If I started over and re-wrote the whole book, it would be much smoother. However, I made a conscious decision to sacrifice smoothness, in order to get the book into the national debate in time to make an impact. Even now it seems a little late, while many fast-breaking events just have to be ignored because there is no time to include them. It's the primary difficulty, for which I apologize, is the math of the examples keeps changing.

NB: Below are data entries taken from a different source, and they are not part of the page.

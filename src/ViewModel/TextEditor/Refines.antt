-- ===== src/ViewModel/TextEditor/Refines.antt =====
-- The editor as a list of code points with a cursor between them.
use lora_messenger.Common.{
  append_assoc, append-nil, ℕ, suc, ◌+◌, ◌<◌, ◌≤◌, ◌≡◌, refl, sym, ap, ap₂, ◌∙◌, false, List, [],
  ◌∷◌, ◌++◌, length, take, drop, ltb, leb, ◌==◌, nat_eq, All, All-append, arith, length-append,
  drop-append, take-append,
}
use lora_messenger.Core.Text.Utf8.{IsScalar, encode_utf8, encode_text}
use lora_messenger.ViewModel.TextEditor.{
  TextEditor, encoded_bytes, insert_bytes, insert_codepoint, previous_boundary, next_boundary,
  next_loop, move_left, move_right, erase_bytes, backspace, delete_forward,
}
use lora_messenger.ViewModel.TextEditor.Boundaries.{
  encode_utf8-IsCharacter, encoded_bytes-encode_utf8, previous_boundary-character,
  next_boundary-character, next_loop-encode_text,
}

-- The editor shows these code points, the cursor between the two lists.
pub record Shows (e : TextEditor) (before after : List ℕ) : Type 0 where
  pub scalars_before : All IsScalar before
  pub scalars_after : All IsScalar after
  pub text_same : e.text ≡ encode_text before ++ encode_text after
  pub cursor_same : e.cursor ≡ length (encode_text before)
  pub size_le : length e.text ≤ e.maximum_bytes

encode_text-append :
    (xs : List ℕ) (c : ℕ) → encode_text (xs ++ (c ∷ [])) ≡ encode_text xs ++ encode_utf8 c
unfolding encode_text
encode_text-append [] c = append-nil (encode_utf8 c)
encode_text-append (x ∷ xs) c =
    ap (λ (l : List ℕ). encode_utf8 x ++ l) (encode_text-append xs c)
    ∙ sym (append_assoc (encode_utf8 x) (encode_text xs) (encode_utf8 c))

All-last :
    (before : List ℕ) (c : ℕ) → All IsScalar (before ++ (c ∷ [])) → All IsScalar before × IsScalar c
All-last [] c h = (tt, h.0)
All-last (x ∷ xs) c h = let (all, last) = All-last xs c h.1 in ((h.0, all), last)

-- The bytes around a character: those before, its own, and those after.
record IsAround (text before after : List ℕ) (c : ℕ) : Type 0 where
  same : text ≡ before ++ (encode_utf8 c ++ after)
  back : previous_boundary text (length before + length (encode_utf8 c)) ≡ length before
  ahead :
      ((n : ℕ) → next_loop after n ≡ n)
      → next_boundary text (length before) ≡ length before + length (encode_utf8 c)
  erased :
      erase_bytes text (length before) (length before + length (encode_utf8 c)) ≡ before ++ after
  some_bytes : 0 < length (encode_utf8 c)

around :
    (before after : List ℕ) (c : ℕ)
    → IsScalar c
    → IsAround (before ++ (encode_utf8 c ++ after)) before after c
around before after c h =
    let v = encode_utf8-IsCharacter c h in
    let text = before ++ (encode_utf8 c ++ after) in
    let shape : text ≡ before ++ (v.first ∷ (v.rest ++ after)) =
      ap (λ (l : List ℕ). before ++ (l ++ after)) v.split in
    let size : length (encode_utf8 c) ≡ suc (length v.rest) = ap length v.split in
    record {
      same = refl;
      back =
          ap₂ (λ (t : List ℕ) (n : ℕ). previous_boundary t (length before + n)) shape size
          ∙ previous_boundary-character before v.first v.rest after v.leads v.continues;
      ahead = λ stop.
          ap (λ (t : List ℕ). next_boundary t (length before)) shape
          ∙ next_boundary-character before v.first v.rest after v.continues stop
          ∙ ap (λ (n : ℕ). length before + n) (sym size);
      erased =
          ap₂ (λ (l r : List ℕ). l ++ r) (take-append before (encode_utf8 c ++ after))
            (ap₂ (λ (n : ℕ) (t : List ℕ). drop n t) (sym (length-append before (encode_utf8 c)))
                (sym (append_assoc before (encode_utf8 c) after))
              ∙ drop-append (before ++ encode_utf8 c) after);
      some_bytes = omega (arith, size);
    }

-- The bytes of an editor whose cursor stands behind, or in front of, this code point.
record IsAt (e : TextEditor) (before after : List ℕ) (c : ℕ) : Type 0 where
  all_before : All IsScalar before
  all_after : All IsScalar after
  scalar : IsScalar c
  whole : e.text ≡ encode_text before ++ (encode_utf8 c ++ encode_text after)
  rim :
      IsAround
        (encode_text before ++ (encode_utf8 c ++ encode_text after))
        (encode_text before)
        (encode_text after)
        c
  size_max : length e.text ≤ e.maximum_bytes

module _ (e : TextEditor) (before after : List ℕ) (c : ℕ) where
  behind-IsAt :
      Shows e (before ++ (c ∷ [])) after
      → IsAt e before after c × (e.cursor ≡ length (encode_text before) + length (encode_utf8 c))
  behind-IsAt v =
      let (all, last) = All-last before c v.scalars_before in
      (
        record {
          all_before = all;
          all_after = v.scalars_after;
          scalar = last;
          whole =
              v.text_same
              ∙ ap (λ (l : List ℕ). l ++ encode_text after) (encode_text-append before c)
              ∙ append_assoc (encode_text before) (encode_utf8 c) (encode_text after);
          rim = around (encode_text before) (encode_text after) c last;
          size_max = v.size_le;
        },
        v.cursor_same
            ∙ ap length (encode_text-append before c)
            ∙ length-append (encode_text before) (encode_utf8 c),
      )

  front-IsAt : Shows e before (c ∷ after) → IsAt e before after c
  unfolding encode_text
  front-IsAt v = record {
    all_before = v.scalars_before;
    all_after = v.scalars_after.1;
    scalar = v.scalars_after.0;
    whole = v.text_same;
    rim = around (encode_text before) (encode_text after) c v.scalars_after.0;
    size_max = v.size_le;
  }

  -- What is left without the code point.
  erased-Shows :
      (v : IsAt e before after c) (first last : ℕ)
      → first ≡ length (encode_text before)
      → last ≡ length (encode_text before) + length (encode_utf8 c)
      → Shows (record e { text = erase_bytes e.text first last; cursor = first }) before after
  erased-Shows v first last f l =
      let gone : erase_bytes e.text first last ≡ encode_text before ++ encode_text after =
        ap (λ (t : List ℕ). erase_bytes t first last) v.whole
        ∙ ap₂ (erase_bytes (encode_text before ++ (encode_utf8 c ++ encode_text after))) f l
        ∙ v.rim.erased in
      record {
        scalars_before = v.all_before;
        scalars_after = v.all_after;
        text_same = gone;
        cursor_same = f;
        size_le = omega (
          arith,
          v.size_max,
          ap length gone,
          ap length v.whole,
          length-append (encode_text before) (encode_text after),
          length-append (encode_text before) (encode_utf8 c ++ encode_text after),
          length-append (encode_utf8 c) (encode_text after),
        );
      }

  pub move_left-Shows :
      Shows e (before ++ (c ∷ [])) after → Shows (move_left e).1 before (c ∷ after)
  unfolding move_left encode_text
  move_left-Shows v =
      let (w, size) = behind-IsAt v in
      let inside : (e.cursor == 0) ≡ false = ground (arith, size, w.rim.some_bytes) in
      simp inside (record {
        scalars_before = w.all_before;
        scalars_after = (w.scalar, w.all_after);
        text_same = w.whole;
        cursor_same = ap₂ previous_boundary w.whole size ∙ w.rim.back;
        size_le = v.size_le;
      })

  pub backspace-Shows : Shows e (before ++ (c ∷ [])) after → Shows (backspace e).1 before after
  unfolding backspace
  backspace-Shows v =
      let (w, size) = behind-IsAt v in
      let inside : (e.cursor == 0) ≡ false = ground (arith, size, w.rim.some_bytes) in
      simp inside (
        erased-Shows w (previous_boundary e.text e.cursor) e.cursor
          (ap₂ previous_boundary w.whole size ∙ w.rim.back) size)

  not_at_end :
      (w : IsAt e before after c)
      → e.cursor ≡ length (encode_text before)
      → leb (length e.text) e.cursor ≡ false
  not_at_end w size = ground (
    arith,
    size,
    w.rim.some_bytes,
    ap length w.whole,
    length-append (encode_text before) (encode_utf8 c ++ encode_text after),
    length-append (encode_utf8 c) (encode_text after),
  )

  next-IsAt :
      (w : IsAt e before after c)
      → e.cursor ≡ length (encode_text before)
      → next_boundary e.text e.cursor ≡ length (encode_text before) + length (encode_utf8 c)
  next-IsAt w size =
      ap₂ next_boundary w.whole size ∙ w.rim.ahead (next_loop-encode_text after w.all_after)

  pub move_right-Shows :
      Shows e before (c ∷ after) → Shows (move_right e).1 (before ++ (c ∷ [])) after
  unfolding move_right
  move_right-Shows v =
      let w = front-IsAt v in
      simp (not_at_end w v.cursor_same) (record {
        scalars_before = All-append IsScalar before (c ∷ []) w.all_before (w.scalar, tt);
        scalars_after = w.all_after;
        text_same =
            w.whole
            ∙ sym (
                ap (λ (l : List ℕ). l ++ encode_text after) (encode_text-append before c)
                ∙ append_assoc (encode_text before) (encode_utf8 c) (encode_text after));
        cursor_same =
            next-IsAt w v.cursor_same
            ∙ sym (
                ap length (encode_text-append before c)
                ∙ length-append (encode_text before) (encode_utf8 c));
        size_le = v.size_le;
      })

  pub delete_forward-Shows : Shows e before (c ∷ after) → Shows (delete_forward e).1 before after
  unfolding delete_forward
  delete_forward-Shows v =
      let w = front-IsAt v in
      simp (not_at_end w v.cursor_same) (
        erased-Shows w e.cursor (next_boundary e.text e.cursor) v.cursor_same
          (next-IsAt w v.cursor_same))

  pub insert_codepoint-Shows :
      Shows e before after
      → IsScalar c
      → length e.text + length (encode_utf8 c) ≤ e.maximum_bytes
      → Shows (insert_codepoint e c).1 (before ++ (c ∷ [])) after
  unfolding insert_codepoint
  insert_codepoint-Shows v scalar room =
      let own = encoded_bytes-encode_utf8 c scalar in
      let u = encode_utf8-IsCharacter c scalar in
      let written : (length (encoded_bytes c) == 0) ≡ false =
        ground (arith, ap length own, ap length u.split) in
      let fits : ltb e.maximum_bytes (length e.text + length (encoded_bytes c)) ≡ false =
        ground (arith, ap length own, room) in
      let front : take e.cursor e.text ≡ encode_text before =
        ap₂ take v.cursor_same v.text_same ∙ take-append (encode_text before) (encode_text after) in
      let back : drop e.cursor e.text ≡ encode_text after =
        ap₂ drop v.cursor_same v.text_same ∙ drop-append (encode_text before) (encode_text after) in
      let bytes = encode_text-append before c in
      let text : (insert_bytes e (encoded_bytes c)).text
          ≡ encode_text (before ++ (c ∷ [])) ++ encode_text after =
        ap₂ (λ (l r : List ℕ). l ++ r) front (ap₂ (λ (l r : List ℕ). l ++ r) own back)
        ∙ sym (
            ap (λ (l : List ℕ). l ++ encode_text after) bytes
            ∙ append_assoc (encode_text before) (encode_utf8 c) (encode_text after)) in
      simp (written, fits)
        (record {
          scalars_before = All-append IsScalar before (c ∷ []) v.scalars_before (scalar, tt);
          scalars_after = v.scalars_after;
          text_same = text;
          cursor_same = omega (
            arith,
            v.cursor_same,
            ap length own,
            ap length bytes,
            length-append (encode_text before) (encode_utf8 c),
          );
          size_le = omega (
            arith,
            room,
            ap length text,
            ap length bytes,
            ap length v.text_same,
            length-append (encode_text before) (encode_text after),
            length-append (encode_text before) (encode_utf8 c),
            length-append (encode_text (before ++ (c ∷ []))) (encode_text after),
          );
        })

Meanwhile, I decided two things: to go ahead with the book with its final goal largely sacrificed to immediate needs. And, to prepare an interim, or new, Health Savings Account proposal. The new proposal would go ahead with a few advances toward Lifetime Health Savings Accounts which might be acceptable enough to political combatants to pass Congress, but which could advance the concepts of Lifetime HSA through some experimental stages. Even that proved too ambitious because It would require decades to prove the concepts by example. So it was stripped down some more, creating the last chapter of this book. Instead of taking a few ideas and struggling with them for a lifetime, I finally came to the view that a lifetime was a series of events, some of which worked out, and some didn't. Like a string of beads, I finally strung them together, recognizing that some would have to be replaced. Essentially a pilot study of proofs-of-concept, it prepares the way for more grandiose plans after most demonstrated flaws had been cleaned up. I called it New Health Savings Accounts (N-HSA) and thought it would work to include all of the healthcare except for age 21-66. Although that would cover 58% of health costs, it would not conflict with the Affordable Care Act, and might eventually seek greater compatibility as the ACA evolved. If the ACA got thrown out, it would be a concept prepared to take its place, without tumbling us into healthcare chaos. But until some upcoming elections clarified where the public stood, the two ideas could essentially stay out of each other's way.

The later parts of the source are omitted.